A recent survey Manhattan Community Board 4 revealed widespread dissatisfaction with the sidewalks in Manhattan’s Hell’s Kitchen and Chelsea neighborhoods, according to a recent report by StreetsBlog. The Community Board surveyed a total of 960 responds, 10% listed as having disabilities, and received 4,909 comments. The average age of the respondents was 52 years old, and 80% of respondents lived in zip codes associated with Community Board 4.
In total, 48% of the survey’s overall respondents rated the neighborhoods’ sidewalks as “Poor-Very Poor,” and 64% of respondents with disabilities rated them as such. 57% of overall respondents said the city did a “Poor-Very Poor” job of maintaining the sidewalks, while 68% of respondents with disabilities reported such. A total of 62% of respondents said the city did a “Poor-Very Poor” job of clearing snow from sidewalk infrastructure, while 69% of respondents with disabilities reported such.

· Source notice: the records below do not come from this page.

-- ===== src/Frame/Validity.antt =====
-- The monitor of src/monitor/SystemMonitor.cpp stays well-formed: its feeders, and every panel of a
-- frame, which also leaves the cells that the terminal shows alone.
use hyperion_euntime_environ.Base.{
  ℕ, zero, suc, ◌*◌, ◌^◌, ◌<◌, ◌≤◌, ◌≡◌, refl, ◌∙◌, List, [], ◌∷◌, length, get_or, arith, ℤ, pos,
  ◌+ℤ◌, ◌-ℤ◌, ◌*ℤ◌, quot, rem,
}
use hyperion_euntime_environ.Base.Text.{codes}
use hyperion_euntime_environ.Canvas.{Cell, Rect, put}
use hyperion_euntime_environ.Canvas.Cells.{length-put}
use hyperion_euntime_environ.Canvas.Text.{length-draw_text}
use hyperion_euntime_environ.Canvas.Box.{length-draw_box}
use hyperion_euntime_environ.Monitor.{Monitor}
use hyperion_euntime_environ.Panel.{
  text_on, box_on, heat_loop, heat_glyph, update_heat, with_heat, draw_ghost_map,
}
use hyperion_euntime_environ.Panel.Heat.{update_heat_at, length-update_heat, update_heat_seed}

pub record IsValid (m : Monitor) : Type 0 where
  pub front_cells : length m.front_buffer ≡ m.width * m.height
  pub back_cells : length m.back_buffer ≡ m.width * m.height
  pub blocks : length m.ghost_heat_map ≡ 1024
  pub heat_bound : (i : ℕ) → i < 1024 → get_or m.ghost_heat_map i 0 ≤ 5
  pub spinner_bound : m.spinner_idx < 4
  pub flash_bound : m.flash_timer ≤ 12
  pub seed_bound : m.rand_seed < 2 ^ 32

-- A drawing over what the terminal shows.
pub record IsDrawing (m0 m : Monitor) : Type 0 where
  pub valid : IsValid m
  pub same_width : m.width ≡ m0.width
  pub same_height : m.height ≡ m0.height
  pub same_front : m.front_buffer ≡ m0.front_buffer

module _ (m0 : Monitor) where
  -- New cells of the same number.
  pub cells-IsDrawing :
      (m : Monitor) (cells : List Cell)
      → IsDrawing m0 m
      → length cells ≡ length m.back_buffer
      → IsDrawing m0 (record m { back_buffer = cells })
  cells-IsDrawing m cells d e =
      let v = d.valid in
      record {
        valid = record {
          front_cells = v.front_cells;
          back_cells = e ∙ v.back_cells;
          blocks = v.blocks;
          heat_bound = v.heat_bound;
          spinner_bound = v.spinner_bound;
          flash_bound = v.flash_bound;
          seed_bound = v.seed_bound;
        };
        same_width = d.same_width;
        same_height = d.same_height;
        same_front = d.same_front;
      }

  -- New counters within their bounds.
  pub counters-IsDrawing :
      (m : Monitor) (seed spinner timer scroll : ℕ)
      → IsDrawing m0 m
      → seed < 2 ^ 32
      → spinner < 4
      → timer ≤ 12
      → IsDrawing m0 (record m {
        rand_seed = seed;
        spinner_idx = spinner;
        flash_timer = timer;
        scroll_offset = scroll;
      })
  counters-IsDrawing m seed spinner timer scroll d hs hp ht =
      let v = d.valid in
      record {
        valid = record {
          front_cells = v.front_cells;
          back_cells = v.back_cells;
          blocks = v.blocks;
          heat_bound = v.heat_bound;
          spinner_bound = hp;
          flash_bound = ht;
          seed_bound = hs;
        };
        same_width = d.same_width;
        same_height = d.same_height;
        same_front = d.same_front;
      }

  pub seed-IsDrawing :
      (m : Monitor) (seed : ℕ)
      → IsDrawing m0 m
      → seed < 2 ^ 32
      → IsDrawing m0 (record m { rand_seed = seed })
  seed-IsDrawing m seed d h =
      counters-IsDrawing m seed m.spinner_idx m.flash_timer m.scroll_offset d h
        d.valid.spinner_bound d.valid.flash_bound

  pub text_on-IsDrawing :
      (x y : ℤ) (text : List ℕ) (m : Monitor) → IsDrawing m0 m → IsDrawing m0 (text_on x y text m)
  unfolding text_on
  text_on-IsDrawing x y text m d =
      cells-IsDrawing m _ d (length-draw_text m.width m.height m.back_buffer x y text)

  pub box_on-IsDrawing : (r : Rect) (m : Monitor) → IsDrawing m0 m → IsDrawing m0 (box_on r m)
  unfolding box_on
  box_on-IsDrawing r m d = cells-IsDrawing m _ d (length-draw_box m.width m.height r m.back_buffer)

  length-heat_loop :
      (width : ℕ) (r : Rect) (rounds i : ℕ) (heats : List ℕ) (cells : List Cell)
      → length (heat_loop width r rounds i heats cells) ≡ length cells
  unfolding heat_loop
  length-heat_loop width r zero i heats cells = refl
  length-heat_loop width r (suc rounds) i [] cells = refl
  length-heat_loop width r (suc rounds) i (h ∷ heats) cells =
      let at : ℤ =
        (r.y +ℤ pos 1 +ℤ quot i (r.w -ℤ pos 2)) *ℤ pos width
        +ℤ (r.x +ℤ pos 1 +ℤ pos (rem i (r.w -ℤ pos 2))) in
      length-heat_loop width r rounds (suc i) heats (put cells at (heat_glyph h))
      ∙ length-put cells at (heat_glyph h)

  with_heat-IsDrawing :
      (resident : ℕ) (m : Monitor)
      → IsDrawing m0 m
      → IsDrawing m0 (with_heat (update_heat resident m.rand_seed m.ghost_heat_map) m)
  with_heat-IsDrawing resident m d =
      let v = d.valid in
      record {
        valid = record {
          front_cells = v.front_cells;
          back_cells = v.back_cells;
          blocks = length-update_heat resident m.rand_seed m.ghost_heat_map ∙ v.blocks;
          heat_bound = λ i h.
              (update_heat_at resident m.rand_seed m.ghost_heat_map i (omega arith)
                (v.heat_bound i h)).0;
          spinner_bound = v.spinner_bound;
          flash_bound = v.flash_bound;
          seed_bound = update_heat_seed resident m.rand_seed m.ghost_heat_map v.seed_bound;
        };
        same_width = d.same_width;
        same_height = d.same_height;
        same_front = d.same_front;
      }

  pub draw_ghost_map-IsDrawing :
      (resident : ℕ) (r : Rect) (m : Monitor)
      → IsDrawing m0 m
      → IsDrawing m0 (draw_ghost_map resident r m)
  unfolding draw_ghost_map
  draw_ghost_map-IsDrawing resident r m d =
      let m1 = text_on (r.x +ℤ pos 2) r.y (codes " GHOST MAP (1024TB) ") (box_on r m) in
      let m2 = with_heat (update_heat resident m1.rand_seed m1.ghost_heat_map) m1 in
      cells-IsDrawing m2 _
        (with_heat-IsDrawing resident m1 (
          text_on-IsDrawing (r.x +ℤ pos 2) r.y (codes " GHOST MAP (1024TB) ") (box_on r m)
            (box_on-IsDrawing r m d)))
        (length-heat_loop m2.width r _ 0 m2.ghost_heat_map m2.back_buffer)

According to StreetsBlog, the survey was conducted in a broader effort by the Community Board—as well as CHEKPEDS, an advocacy group for vulnerable pedestrians—”who do not do a good enough job and have not been held accountable by the city.” CHEKPEDS leader Christine Berthet told StreetsBlog that small businesses have been burdened by sidewalk maintenance requirements, which CHEKPEDS believes should be the city’s responsibility. “A smaller ask would be to treat sidewalk repairs the same as roadways,” she said. “When there is a pothole on the road, it must be repaired in 15 days. We want the same for sidewalks. We want the same level of service.”
The survey also asked for respondents’ feedback on the city’s level of service via its 311 system, finding that 82% said they were “very dissatisfied” or “dissatisfied.” Comments received by the survey included the following: “I don’t think anyone will do anything about it. None of these issues are new and have been going on for years.” “I’ve found that reporting issues like these to 311 doesn’t do anything to get sidewalks or bus stops cleared.” “I’ve never had a satisfactory response from 311. You report, and get an email stating that they are looking into the problem. As is with noise complaints, no one actually comes to investigate in a timely manner.”
The Community Board has written to New York City’s Deputy Mayor and City Council Speaker noting that it voted unanimously to demand a city review of “current practices in the Departments of Transportation and Sanitation related to sidewalk repairs and maintenance” as a result of its residents’ dissatisfaction with the community’s sidewalks, according to StreetsBlog. More information on the issue is available via StreetsBlog and the Community Board’s survey itself.